I had become a little too wrapped in things other than creating… you know, the life stuff… and had taken a step away from my art. Was it any wonder then, that I was feeling disconnected? Disconnected from myself; disconnected from my business; all because I had become temporarily disconnected from my art. How easy it is though, (as my artist/illustrator/cartoonist friend Richard commented on the last blog post) to get so wrapped up in the things we think we should be doing, but feel too much like work, that we forget to play. So play we must… and in doing so we reconnect. Not only with the heart of our business, but with others as well as we share our stories.

As well as sharing my stories, I love to share my art… on the blog and on the streets. Making art out in public is part of my process and many of my pieces have a connection to the place in which they are made. They are there for a reason, though not always obvious. Photographing the work, then letting it go are the following stages.

My talented friend Cecile (whose eccentric, eclectic videos help people learn fruity French) asked a question on the blog. “I love your mythical creature.” she said. “How could you bear to leave it behind?”

This making art and leaving it behind was a subject that had come up on the day of making as I had a friend (another Julia) along with me, creating a little film as I worked on my art. We had talked about making art and allowing it to have a life of its own after the making is done. I commented that in decluttering my home, I had found it hard to reconcile the making of more and more art that I did not intend to sell with the clearing of my home. That was until I decided to let go of much of it.

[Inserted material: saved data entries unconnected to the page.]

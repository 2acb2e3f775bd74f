-- ===== src/Rules/Solve.antt =====
-- `solve_body` of crates/aa-rules/src/eval.rs, against the meaning of a body.
use prolog_forge.Prelude.{
  List, [], ◌∷◌, some, ◌≡◌, refl, nat_eq, list_eq, map_get, Extends, AllEntries-map_get, inl, inr,
  In, In-filter_map, In-filter_map_of, In-append_left, In-append_right, In-append,
}
use prolog_forge.Graph.Fact.{Fact}
use prolog_forge.Graph.Store.{GraphStore, facts_of}
use prolog_forge.Graph.Unify.{Binding, matches, unify}
use prolog_forge.Graph.Match.{Agrees, unify_sound, unify_complete}
use prolog_forge.Rules.Ast.{Atom}
use prolog_forge.Rules.Eval.{
  merge, to_pattern_args, to_pattern_with_binding, merge_all, extend_all, solve_from, solve_body,
}
use prolog_forge.Rules.Body.{
  AtomHolds, Satisfies, Satisfies-Extends, Extends-trans, merge_sound, merge_complete,
  pattern-Instance, pattern-ArgsHold,
}

-- One atom: a binding that is listed extends one of those before, and the atom holds under it.
extend_all_sound :
    (a : Atom) (s : GraphStore) (bs : List Binding) (b' : Binding)
    → In b' (extend_all a s bs)
    → (b : Binding) × In b bs × Extends b' b × AtomHolds s b' a
unfolding extend_all merge_all matches to_pattern_with_binding
extend_all_sound a s [] b' h = elim h [ ]
extend_all_sound a s (b ∷ bs) b' h =
    elim (In-append b' (merge_all b (matches (to_pattern_with_binding a b) s)) (extend_all a s bs)
      h) [
        | inl first ↦
            let (m, mem, merged) =
              In-filter_map (merge b) b' (matches (to_pattern_with_binding a b) s) first in
            let (f, filed, unified) =
              In-filter_map (λ (f : Fact). unify (to_pattern_args a.args b) f.args) m
                (facts_of s a.predicate) mem in
            let (eb, em) = merge_sound m b b' merged in
            (
              b,
              inl refl,
              eb,
              (
                f,
                filed,
                pattern-ArgsHold a.args f.args b m b' eb em
                    (unify_sound (to_pattern_args a.args b) f.args m unified),
              ),
            )
        | inr rest ↦
            let (c, mem, ext, holds) = extend_all_sound a s bs b' rest in (c, inr mem, ext, holds)
      ]

extend_all_complete :
    (a : Atom) (s : GraphStore) (bs : List Binding) (b σ : Binding)
    → In b bs
    → Agrees σ b
    → AtomHolds s σ a
    → (b' : Binding) × In b' (extend_all a s bs) × Agrees σ b'
unfolding extend_all merge_all matches to_pattern_with_binding
extend_all_complete a s [] b σ h ag holds = elim h [ ]
extend_all_complete a s (c ∷ bs) b σ (inl same) ag (f, filed, args) =
    let ag' : Agrees σ c = rw same at ag in
    let ext : Extends σ c = λ k v e. AllEntries-map_get (λ k v. map_get k σ ≡ some v) k v c ag' e in
    let (m, unified, agm) =
      unify_complete (to_pattern_args a.args c) f.args σ
        (pattern-Instance a.args f.args c σ ext args) in
    let (b', merged, ag'') = merge_complete m c σ ag' agm in
    let found =
      In-filter_map_of (λ (f : Fact). unify (to_pattern_args a.args c) f.args) f m
        (facts_of s a.predicate) filed unified in
    (
      b',
      In-append_left b' (merge_all c (matches (to_pattern_with_binding a c) s)) (extend_all a s bs)
          (In-filter_map_of (merge c) m b' (matches (to_pattern_with_binding a c) s) found merged),
      ag'',
    )
extend_all_complete a s (c ∷ bs) b σ (inr later) ag holds =
    let (b', mem, ag') = extend_all_complete a s bs b σ later ag holds in
    (
      b',
      In-append_right b' (merge_all c (matches (to_pattern_with_binding a c) s)) (extend_all a s bs)
          mem,
      ag',
    )

solve_from_sound :
    (body : List Atom) (s : GraphStore) (bs : List Binding) (b' : Binding)
    → In b' (solve_from bs body s)
    → (b : Binding) × In b bs × Extends b' b × Satisfies s b' body
unfolding solve_from
solve_from_sound [] s bs b' h = (b', h, λ k v e. e, tt)
solve_from_sound (a ∷ body) s bs b' h =
    let (b₁, mem₁, ext₁, sat) = solve_from_sound body s (extend_all a s bs) b' h in
    let (b, mem, ext, holds) = extend_all_sound a s bs b₁ mem₁ in
    (
      b,
      mem,
      Extends-trans b b₁ b' ext ext₁,
      ((Satisfies-Extends s (a ∷ []) b₁ b' ext₁ (holds, tt)).0, sat),
    )

solve_from_complete :
    (body : List Atom) (s : GraphStore) (bs : List Binding) (b σ : Binding)
    → In b bs
    → Agrees σ b
    → Satisfies s σ body
    → (b' : Binding) × In b' (solve_from bs body s) × Agrees σ b'
unfolding solve_from
solve_from_complete [] s bs b σ h ag sat = (b, h, ag)
solve_from_complete (a ∷ body) s bs b σ h ag sat =
    let (b₁, mem₁, ag₁) = extend_all_complete a s bs b σ h ag sat.0 in
    solve_from_complete body s (extend_all a s bs) b₁ σ mem₁ ag₁ sat.1

pub solve_body_sound :
    (body : List Atom) (s : GraphStore) (b : Binding)
    → In b (solve_body body s)
    → Satisfies s b body
unfolding solve_body
solve_body_sound body s b h = let (_, _, _, sat) = solve_from_sound body s ([] ∷ []) b h in sat

pub solve_body_complete :
    (body : List Atom) (s : GraphStore) (σ : Binding)
    → Satisfies s σ body
    → (b : Binding) × In b (solve_body body s) × Agrees σ b
unfolding solve_body
solve_body_complete body s σ sat = solve_from_complete body s ([] ∷ []) [] σ (inl refl) tt sat

-- Every listed binding satisfies the body, so it binds each of its variables, and every binding that
-- satisfies the body extends a listed one.
pub solve_body_exact :
    (body : List Atom) (s : GraphStore)
    → ((b : Binding) → In b (solve_body body s) → Satisfies s b body)
      × ((σ : Binding) → Satisfies s σ body → (b : Binding) × In b (solve_body body s) × Agrees σ b)
solve_body_exact body s = (solve_body_sound body s, solve_body_complete body s)
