-- ===== src/Rules/Model.antt =====
-- The meaning of a Datalog program, apart from the evaluator: the facts that follow from a store by
-- the rules.
use prolog_forge.Prelude.{
  List, [], ◌∷◌, true, ◌≡◌, refl, nat_eq, list_eq, Str, map_get, In, Option-cases, inl, inr, ok,
  >>=-eq-ok,
}
use prolog_forge.Graph.Fact.{Fact, FactLayer}
use prolog_forge.Graph.Store.{GraphStore, contains}
use prolog_forge.Graph.Unify.{Binding}
use prolog_forge.Rules.Ast.{Term, const, var, Atom, Rule}
use prolog_forge.Rules.Eval.{instantiate_args, instantiate_head, bound_or_err}
use prolog_forge.Rules.Body.{ArgsHold}

-- `f` is the head under the binding, as an inferred fact.
abbrev pub IsHead : Binding → Atom → Fact → Type 0
IsHead σ head f =
    (f.predicate ≡ head.predicate) × (f.layer ≡ FactLayer.inferred) × ArgsHold σ head.args f.args

mutual
  -- A fact follows if it is given, or if it is the head of a rule under a binding under which each
  -- atom of the body is a fact that follows, of whatever layer.
  pub data Derives (rules : List Rule) (base : GraphStore) : Fact → Type 0 where
    given : (f : Fact) → contains base f ≡ true → Derives rules base f
    fired :
        (r : Rule) (σ : Binding) (f : Fact)
        → In r rules
        → DerivesBody rules base σ r.body
        → IsHead σ r.head f
        → Derives rules base f

  pub data DerivesBody (rules : List Rule) (base : GraphStore) : Binding → List Atom → Type 0 where
    done : (σ : Binding) → DerivesBody rules base σ []
    holds :
        (σ : Binding) (a : Atom) (body : List Atom) (g : Fact)
        → g.predicate ≡ a.predicate
        → ArgsHold σ a.args g.args
        → Derives rules base g
        → DerivesBody rules base σ body
        → DerivesBody rules base σ (a ∷ body)

-- The arguments under a binding are one list.
pub ArgsHold-unique :
    (ts : List Term) (σ : Binding) (as' bs : List Str)
    → ArgsHold σ ts as'
    → ArgsHold σ ts bs
    → as' ≡ bs
ArgsHold-unique [] σ [] [] h k = refl
ArgsHold-unique [] σ [] (b ∷ bs) h k = absurd k
ArgsHold-unique [] σ (a ∷ as') bs h k = absurd h
ArgsHold-unique (const c ∷ ts) σ [] bs h k = absurd h
ArgsHold-unique (var v ∷ ts) σ [] bs h k = absurd h
ArgsHold-unique (const c ∷ ts) σ (a ∷ as') [] h k = absurd k
ArgsHold-unique (var v ∷ ts) σ (a ∷ as') [] h k = absurd k
ArgsHold-unique (const c ∷ ts) σ (a ∷ as') (b ∷ bs) h k =
    cc (h.0, k.0, ArgsHold-unique ts σ as' bs h.1 k.1)
ArgsHold-unique (var v ∷ ts) σ (a ∷ as') (b ∷ bs) h k =
    cc (h.0, k.0, ArgsHold-unique ts σ as' bs h.1 k.1)

instantiate_args_sound :
    (ts : List Term) (b : Binding) (args : List Str)
    → instantiate_args ts b ≡ ok args
    → ArgsHold b ts args
unfolding instantiate_args
instantiate_args_sound [] b [] h = tt
instantiate_args_sound [] b (a ∷ args) h = cc
instantiate_args_sound (const c ∷ ts) b args h =
    let (rest, e, k) = >>=-eq-ok (instantiate_args ts b) (λ rest. ok (c ∷ rest)) h in
    let same : args ≡ c ∷ rest = cc in rw same (refl, instantiate_args_sound ts b rest e)
instantiate_args_sound (var v ∷ ts) b args h = elim (Option-cases (map_get v b)) [
  | inl unbound ↦ absurd (cc (rw (unbound, bound_or_err) at h))
  | inr (val, bound) ↦
      let h' = rw (bound, bound_or_err) at h in
      let (rest, e, k) = >>=-eq-ok (instantiate_args ts b) (λ rest. ok (val ∷ rest)) h' in
      let same : args ≡ val ∷ rest = cc in rw same (bound, instantiate_args_sound ts b rest e)
]

pub instantiate_head_sound :
    (head : Atom) (b : Binding) (f : Fact) → instantiate_head head b ≡ ok f → IsHead b head f
unfolding instantiate_head
instantiate_head_sound head b f h =
    let (args, e, k) =
      >>=-eq-ok (instantiate_args head.args b)
        (λ args.
          ok (record { predicate = head.predicate; args = args; layer = FactLayer.inferred }))
        h in
    let same : f ≡ record { predicate = head.predicate; args = args; layer = FactLayer.inferred } =
      cc in
    rw same (refl, refl, instantiate_args_sound head.args b args e)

Art, for me, is a form of mindfulness. It is about being present and immersed in the moment. It can be as much about the process as the finished product, if not more so. It fills a need; a desire to be engaged in something I love with no fixed outcome. It allows me the freedom to let things – ideas / emotions / experiments – rise up, be worked on and worked through. It is liberating. But what is even more liberating is the letting go.

Allowing the work I make out in public to have a life after I leave it behind is vital.

As a little girl, I used to draw pictures of horses; every day, for a very long while. Occasionally, I would put a special drawing on top of my wardrobe in the secret belief, that one day, if I wished hard enough, the horse I had drawn would come to life and I would wake to find him in my garden. Of course, I don’t need to tell you that this never happened, but there was something about leaving my Thames Serpent behind on the South Bank beach that rekindled this dream and as I replied to Cecile, “I was secretly hoping that he would be brought to life when the tide came in.”

I never know what will happen to my work when I walk away from it. The best I can hope is that it makes someone’s day… or at least makes someone stop and think. Much of my chalking in my local environment is done with that intention… words to prompt thoughts; perhaps actions; certainly observations.

I let my environment lead me. I rarely know what I will create until I come to a place and start making. It depends what comes up for me and that could be anything – from the shadows the sun has created or the detritus washed up on the beach. I create; I photograph (in order to record it and share it), then I let go quite happily. This may mean that things remain for a month or so (in the case of Summer chalkings on wooden fence panels at my local station) or are washed away in a matter of minutes.

Whatever happens next is all part of the process.

Julia Elmore South Bank beach art

Photographing the finished piece before letting go. Photo: Julia Barnickle www.juliabarnickle.com

If you would like some support getting started with your art or taking a project to the next level, get in touch and let’s talk about it. I will soon be offering mentoring sessions both in person and on Skype and workshops will start again soon.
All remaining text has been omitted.